Hydrostatic Pressure: Formulas, Devices, and Manometer Methods

Hydrostatic pressure at any point in a liquid column equals the product of the liquid’s unit weight (γ) and the vertical distance (head, h) from the free surface:

[ P = \gamma \times h ]

The unit weight of water is 9.81 kN/m³, and the same relationship holds for any fluid when its specific gravity (SG) is accounted for.

Measurement Devices

Non‑Borden tube gauge – the common industrial pressure gauge that reads pressure directly from the fluid column.

Piezometer – a vertical tube attached to a container or pipe; the internal pressure forces the liquid inside the tube to rise, and the height increase directly indicates pressure.

U‑tube manometer – a U‑shaped tube filled with a liquid (often mercury). Pressure differences create a differential head, or “head loss,” between the two arms, allowing the pressure to be calculated from the height difference.

“Two points have the same pressure when they are on the same level or on the same elevation.”

Manometer Calculation Methodology

1. Convert all liquid heads to equivalent water heads.

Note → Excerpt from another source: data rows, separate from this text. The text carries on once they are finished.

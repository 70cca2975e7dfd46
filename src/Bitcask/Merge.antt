-- ===== src/Bitcask/Merge.antt =====
-- bitcask/main.go: Merge, while no other call changes the store. Between its locks only readers run.
use design_pocs.Common.{
  ℕ, zero, suc, ◌+◌, Bool, true, false, ◌&&◌, Option, none, some, List, [], ◌∷◌, Bytes, length,
  drop, bytes_eq, bytes_key, lookup, remove, insert, read_at, ltb, leb, ◌==◌, u32, if◌then◌else◌,
}
use design_pocs.Bitcask.Checksum.{checksum}
use design_pocs.Bitcask.Record.{
  header_size, slice, stored_key_size, stored_value_size, stored_flag, stored_checksum,
}
use design_pocs.Bitcask.Store.{
  FilePath, data_file, merge_data, merge_hint, path_eq, path_key, KeyDirEntry, BitCask, active_path,
  file_of,
}
use design_pocs.Bitcask.Segment.{
  MergeSegment, MergeIo, data_path, open_merge_segment, registered, ensure_merge_capacity,
  append_entry,
}

pub record MergeUpdate : Type 0 where
  pub original : KeyDirEntry
  pub replacement : KeyDirEntry

-- What the loop over the entries of a file has come to: pendingUpdates, and fileMergedSuccessfully.
pub record Scan : Type 0 where
  pub scan_store : BitCask
  pub scan_segment : MergeSegment
  pub pending : List (Bytes × MergeUpdate)
  pub is_merged : Bool

-- The loop ends, or it ends with a nil segment, or it panics on a slice, or the fuel is used up.
pub data ScanEnd : Type 0 where
  scan_ended : Scan → ScanEnd
  without_segment : BitCask → ScanEnd
  slice_panics : BitCask → ScanEnd
  goes_on : ScanEnd

abbrev pub broken_off : Scan → ScanEnd
broken_off c = scan_ended (record c { is_merged = false })

-- int64(17 + keySize + valueSize), a sum of uint32
abbrev pub block_size : Bytes → ℕ
block_size header = u32 (header_size + stored_key_size header + stored_value_size header)

-- buf1[17 : 17+keySize], whose bounds are uint32
abbrev pub key_end : Bytes → ℕ
key_end header = u32 (header_size + stored_key_size header)

unfoldable pub entry_eq : KeyDirEntry → KeyDirEntry → Bool
unfolding path_eq
entry_eq a b =
    path_eq a.file_path b.file_path
    && (a.file_entry_offset == b.file_entry_offset)
    && (a.value_size == b.value_size)

-- What one entry of the file does: the loop goes on, or it ends.
pub data EntryEnd : Type 0 where
  next_entry : Scan → EntryEnd
  loop_ends : ScanEnd → EntryEnd

abbrev pub entry_appended : Bytes → KeyDirEntry → Scan → Option KeyDirEntry → EntryEnd
entry_appended key here c none = loop_ends (broken_off c)
entry_appended key here c (some e) =
    next_entry
      (record c { pending = insert key (record { original = here; replacement = e }) c.pending })

-- appendEntry, and the offsets of the store behind it
abbrev pub move_to :
    MergeIo → Bytes → Bytes → KeyDirEntry → Scan → BitCask × Option MergeSegment → EntryEnd
move_to io buf key here c (s, none) = loop_ends (without_segment s)
move_to io buf key here c (s, some m) =
    let a = append_entry io here buf key here.value_size m s in
    entry_appended key here
      (record c {
        scan_store = record a.store {
          merge_file_offset = a.segment.data_offset;
          merge_hint_file_offset = a.segment.hint_offset;
        };
        scan_segment = a.segment;
      })
      a.new_entry

-- keyDirEntry, ok := b.keyDir[keyStr], and the test that the index still stands for this entry
abbrev pub move_if_indexed :
    MergeIo → Bytes → Bytes → KeyDirEntry → Scan → Option KeyDirEntry → EntryEnd
move_if_indexed io buf key here c none = next_entry c
move_if_indexed io buf key here c (some e) =
    if entry_eq e here
    then move_to io buf key here c
        (ensure_merge_capacity io c.scan_segment (length buf) c.scan_store)
    else next_entry c

-- An entry whose checksum is wrong is skipped. The slices panic when the sum of the sizes has wrapped.
unfoldable pub move_entry : MergeIo → Bytes → KeyDirEntry → ℕ → Scan → EntryEnd
unfolding entry_eq ensure_merge_capacity append_entry insert lookup bytes_eq
move_entry io buf here end c =
    let key = slice header_size end buf in
    let moved = move_if_indexed io buf key here c (lookup key c.scan_store.key_dir) in
    if ltb (length buf) 4
    then loop_ends (slice_panics c.scan_store)
    else if stored_checksum buf == checksum (drop 4 buf)
    then (if leb header_size end && leb end (length buf)
        then moved
        else loop_ends (slice_panics c.scan_store))
    else next_entry c

-- The second ReadAt
abbrev pub merge_read : MergeIo → KeyDirEntry → ℕ → Scan → Bool → Option Bytes → EntryEnd
merge_read io here end c false buf = loop_ends (broken_off c)
merge_read io here end c true none = loop_ends (broken_off c)
merge_read io here end c true (some buf) = move_entry io buf here end c

-- An entry that is not deleted is moved; a deleted one is left behind.
unfoldable pub merge_header : MergeIo → FilePath → FilePath → ℕ → Bytes → Scan → EntryEnd
unfolding move_entry read_at stored_flag
merge_header io path handle offset header c =
    let here : KeyDirEntry = record {
      file_path = path;
      file_entry_offset = offset;
      value_size = stored_value_size header;
    } in
    let read = read_at (file_of handle c.scan_store.disk) offset (block_size header) in
    if stored_flag header == 0
    then merge_read io here (key_end header) c (io.entry_served path offset) read
    else next_entry c

-- The loop over the entries of a file, whose first ReadAt ends it at the end of the file.
unfoldable pub scan_file : ℕ → MergeIo → FilePath → FilePath → ℕ → Scan → ScanEnd
unfolding merge_header read_at
scan_file zero io path handle offset c = goes_on
scan_file (suc fuel) io path handle offset c =
    if io.header_served path offset
    then elim (read_at (file_of handle c.scan_store.disk) offset header_size) [
      | none ↦ scan_ended c
      | some header ↦ elim (merge_header io path handle offset header c) [
        | loop_ends end ↦ end
        | next_entry c' ↦ scan_file fuel io path handle (offset + block_size header) c'
      ]
    ]
    else broken_off c

-- The index still stands for the entry that was moved.
abbrev pub is_current : Option KeyDirEntry → KeyDirEntry → Bool
is_current none original = false
is_current (some e) original = entry_eq e original

abbrev pub apply_update :
    Bytes → MergeUpdate → List (Bytes × KeyDirEntry) → List (Bytes × KeyDirEntry)
apply_update key u dir =
    if is_current (lookup key dir) u.original then insert key u.replacement dir else dir

-- The loop over pendingUpdates
unfoldable pub apply_updates :
    List (Bytes × MergeUpdate) → List (Bytes × KeyDirEntry) → List (Bytes × KeyDirEntry)
unfolding lookup insert bytes_eq entry_eq
apply_updates [] dir = dir
apply_updates ((key, u) ∷ rest) dir = apply_updates rest (apply_update key u dir)

-- os.Remove, whose error is dropped
abbrev pub remove_file : MergeIo → FilePath → List (FilePath × Bytes) → List (FilePath × Bytes)
remove_file io p disk = if io.removed p then remove p disk else disk

-- strings.Contains(filePath, "merge"), and the hint file of such a path
abbrev pub remove_hint : MergeIo → FilePath → List (FilePath × Bytes) → List (FilePath × Bytes)
remove_hint io (data_file n) disk = disk
remove_hint io (merge_data n) disk = remove_file io (merge_hint n) disk
remove_hint io (merge_hint n) disk = remove_file io (merge_hint n) disk

-- What Merge has come to: it goes on with a segment, or it has panicked with the lock held, or it loops.
pub data MergeEnd : Type 0 where
  merging : BitCask → MergeSegment → MergeEnd
  merge_panics : BitCask → MergeEnd
  merge_loops : MergeEnd

-- Behind the loop: the sync, and, if all went well, the index and the files.
unfoldable pub finish_file : MergeIo → FilePath → ScanEnd → MergeEnd
unfolding apply_updates remove
finish_file io path (scan_ended c) =
    let s = c.scan_store in
    let m = c.scan_segment in
    if io.synced path && c.is_merged
    then merging
        (record s {
          key_dir = apply_updates c.pending s.key_dir;
          file_ptrs = remove path s.file_ptrs;
          disk = remove_hint io path (remove_file io path s.disk);
          merge_file_offset = m.data_offset;
          merge_hint_file_offset = m.hint_offset;
        })
        m
    else merging s m
finish_file io path (without_segment s) = merge_panics s
finish_file io path (slice_panics s) = merge_panics s
finish_file io path goes_on = merge_loops

-- An entry is at least one byte long, so the file's length is fuel enough, if no size has wrapped to zero.
abbrev pub merge_found : MergeIo → FilePath → BitCask → MergeSegment → Option FilePath → MergeEnd
merge_found io path s m none = merging s m
merge_found io path s m (some handle) = finish_file io path (
    scan_file (suc (length (file_of handle s.disk))) io path handle 0
      (record { scan_store = s; scan_segment = m; pending = []; is_merged = true }))

unfoldable pub merge_file : MergeIo → FilePath → BitCask → MergeSegment → MergeEnd
unfolding finish_file scan_file lookup
merge_file io path s m = merge_found io path s m (lookup path s.file_ptrs)

-- The next file, unless Merge has panicked.
abbrev pub go_on : (BitCask → MergeSegment → MergeEnd) → MergeEnd → MergeEnd
go_on f (merging s m) = f s m
go_on f (merge_panics s) = merge_panics s
go_on f merge_loops = merge_loops

unfoldable pub merge_immutable_files : MergeIo → List FilePath → BitCask → MergeSegment → MergeEnd
unfolding merge_file
merge_immutable_files io [] s m = merging s m
merge_immutable_files io (path ∷ paths) s m =
    go_on (merge_immutable_files io paths) (merge_file io path s m)

abbrev pub immutable_files : FilePath → FilePath → List (FilePath × FilePath) → List FilePath
immutable_files active segment [] = []
immutable_files active segment ((path, handle) ∷ rest) =
    let files = immutable_files active segment rest in
    if path_eq path active then files else if path_eq path segment then files else path ∷ files

pub data MergeResult : Type 0 where
  merged : BitCask → MergeResult
  panicked : BitCask → MergeResult
  loops : MergeResult

abbrev pub merge_ended : MergeEnd → MergeResult
merge_ended (merging s m) = merged s
merge_ended (merge_panics s) = panicked s
merge_ended merge_loops = loops

abbrev pub merge_opened : MergeIo → FilePath → BitCask × Option MergeSegment → MergeResult
merge_opened io active (s, none) = merged s
merge_opened io active (s, some m) =
    merge_ended (merge_immutable_files io (immutable_files active (data_path m) s.file_ptrs) s m)

-- The method Merge. The error of the last Close is only printed.
unfoldable pub merge : MergeIo → BitCask → MergeResult
unfolding open_merge_segment merge_immutable_files insert path_eq
merge io s =
    let n = s.merge_file_cnt in
    merge_opened io (active_path s) (registered (open_merge_segment (io.opening n) n s))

Use the specific‑gravity ratio:

[ h_{\text{water}} = h_{\text{fluid}} \times \frac{SG_{\text{fluid}}}{1} ]

For mercury (SG = 13.6), benzene (SG = 0.80), and kerosene (SG = 0.82), the conversion scales each head to a water‑equivalent value.

1. Identify fluid interfaces as primary calculation points. Begin at one end of the system and move through each interface.

2. Apply the equal‑pressure principle: points at the same elevation within the same continuous fluid have equal pressure.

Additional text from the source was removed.